I'll gladly do offlimits if I can put your guys phone numbers on all the flyers  

Thoughts????

Keep in mind payouts can only go so far even at 100%, you loose the allureof $6k to add some cauchie returns then your always fishn for 10th- AND theres more....hmmmm.......  

Nip


----------



## Procraftboats21 (Apr 6, 2004)

Heck the river isn't even tough this year, limit catches are easy to come by and It will be even better next year!

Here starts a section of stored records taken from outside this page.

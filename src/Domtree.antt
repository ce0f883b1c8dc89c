-- ===== src/Domtree.antt =====
-- The dominator tree (src/domtree.rs). `none` is a panic, or the fuel of a loop spent.
pub mod Ancestors
use regalloc2_orig.Prelude.{
  ℕ, zero, suc, Bool, true, false, not, ◌||◌, ◌&&◌, ◌==◌, List, [], ◌∷◌, Option, none, some, ◌>>=◌,
  ◌>>◌, assert, ltb, get_elem?, set, length, replicate, reverse, if◌then◌else◌,
}
use regalloc2_orig.Index
use regalloc2_orig.Index.{Block, invalid, is_invalid, is_valid}

-- `xs[block.index()]`, and the same with `unwrap`.
abbrev pub at {ℓ} : {A : Type ℓ} → List A → Block → Option A
at xs block = do i ← Index.index block; get_elem? xs i

abbrev pub unwrap {ℓ} : {A : Type ℓ} → Option (Option A) → Option A
unwrap m = do o ← m; o

abbrev write {ℓ} : {A : Type ℓ} → List A → Block → A → Option (List A)
write xs block v = do i ← Index.index block; assert (ltb i (length xs)); some (set xs i v)

-- Where neither number is greater the loop goes on with the same nodes.
unfoldable pub merge_sets : ℕ → List Block → List (Option ℕ) → Block → Block → Option Block
merge_sets zero idom block_to_rpo node1 node2 = none
merge_sets (suc fuel) idom block_to_rpo node1 node2 = elim (node1 == node2) [
  | true ↦ some node1
  | false ↦ elim (is_invalid node1 || is_invalid node2) [
    | true ↦ some invalid
    | false ↦ (do
      rpo1 ← unwrap (at block_to_rpo node1)
      rpo2 ← unwrap (at block_to_rpo node2)
      next1 ← if ltb rpo2 rpo1 then at idom node1 else some node1
      next2 ← if not (ltb rpo2 rpo1) && ltb rpo1 rpo2 then at idom node2 else some node2
      merge_sets fuel idom block_to_rpo next1 next2)
  ]
]

-- The loop that fills `block_to_rpo`, from the number `i` on.
unfoldable pub number : List Block → ℕ → List (Option ℕ) → Option (List (Option ℕ))
number [] i block_to_rpo = some block_to_rpo
number (block ∷ blocks) i block_to_rpo = do
  block_to_rpo ← write block_to_rpo block (some i)
  number blocks (suc i) block_to_rpo

-- The first predecessor that is reached and has a smaller number.
unfoldable pub first_pred : List (Option ℕ) → ℕ → List Block → Option Block
first_pred block_to_rpo rponum [] = some invalid
first_pred block_to_rpo rponum (pred ∷ preds) = do
  pred_rpo ← at block_to_rpo pred
  elim pred_rpo [
    | none ↦ first_pred block_to_rpo rponum preds
    | some r ↦ elim (ltb r rponum) [
      | true ↦ some pred
      | false ↦ first_pred block_to_rpo rponum preds
    ]
  ]

unfoldable pub merge_preds : ℕ → List Block → List (Option ℕ) → List Block → Block → Option Block
unfolding merge_sets
merge_preds fuel idom block_to_rpo [] parent = some parent
merge_preds fuel idom block_to_rpo (pred ∷ preds) parent = elim (pred == parent) [
  | true ↦ merge_preds fuel idom block_to_rpo preds parent
  | false ↦ (do
    pred_idom ← at idom pred
    parent ←
        if is_invalid pred_idom then some parent else merge_sets fuel idom block_to_rpo parent pred
    merge_preds fuel idom block_to_rpo preds parent)
]

-- One pass over the blocks in reverse postorder.
unfoldable pub pass :
    ℕ
    → (Block → List Block)
    → List (Option ℕ)
    → List Block
    → List Block
    → Bool
    → Option (List Block × Bool)
unfolding first_pred merge_preds
pass fuel preds block_to_rpo [] idom changed = some (idom, changed)
pass fuel preds block_to_rpo (node ∷ nodes) idom changed = do
  rponum ← unwrap (at block_to_rpo node)
  parent ← first_pred block_to_rpo rponum (preds node)
  parent ←
      if is_valid parent
      then merge_preds fuel idom block_to_rpo (preds node) parent
      else some parent
  old ← if is_valid parent then at idom node else some parent
  elim (is_valid parent && not (parent == old)) [
    | true ↦ (do idom ← write idom node parent; pass fuel preds block_to_rpo nodes idom true)
    | false ↦ pass fuel preds block_to_rpo nodes idom changed
  ]

unfoldable pub passes :
    ℕ → (Block → List Block) → List (Option ℕ) → List Block → List Block → Option (List Block)
unfolding pass
passes zero preds block_to_rpo nodes idom = none
passes (suc fuel) preds block_to_rpo nodes idom = do
  (idom, changed) ← pass fuel preds block_to_rpo nodes idom false
  elim changed [ true ↦ passes fuel preds block_to_rpo nodes idom | false ↦ some idom ]

unfoldable pub calculate : ℕ → ℕ → (Block → List Block) → List Block → Block → Option (List Block)
unfolding number passes
calculate fuel num_blocks preds post_ord start = do
  let nodes = reverse post_ord
  block_to_rpo ← number nodes 0 (replicate num_blocks none)
  idom ← write (replicate num_blocks invalid) start start
  passes fuel preds block_to_rpo nodes idom

unfoldable pub dominates : ℕ → List Block → Block → Block → Option Bool
dominates zero idom a b = none
dominates (suc fuel) idom a b = elim (a == b) [
  | true ↦ some true
  | false ↦ elim (is_invalid b) [
    | true ↦ some false
    | false ↦ (do
      parent ← at idom b
      elim (b == parent) [ true ↦ some false | false ↦ dominates fuel idom a parent ])
  ]
]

Thats 2 votes for the river Nip... you can make it happen


----------



## Nipididdee (Apr 19, 2004)

cool! thats a mere $19,600 for me to come up with


----------



## Cull'in (Nov 21, 2005)

No go on three NOAA events at $80 a crack! Let's say gas is $3.50 a gallon next year. You want me to fill up my boat and truck, practice say one time, fill up again for the event finish 4th and win $300? Not happen'in!

The idea in any tournament is to win but with all that's involved most of us consider it a good show if we "make the money". After all the team that wins did'nt necessarily fish harder or outwork teams 2-6, they may have just got one lucky big bite. 
You can pay out however many places you want , 6,7, 10 whatever, I'm just saying even the money out more from top to bottom and try and reward ALL the top finishers for their effort. Too many tournaments with "win all or win nothing" setup. Just not practical in a sport like ours.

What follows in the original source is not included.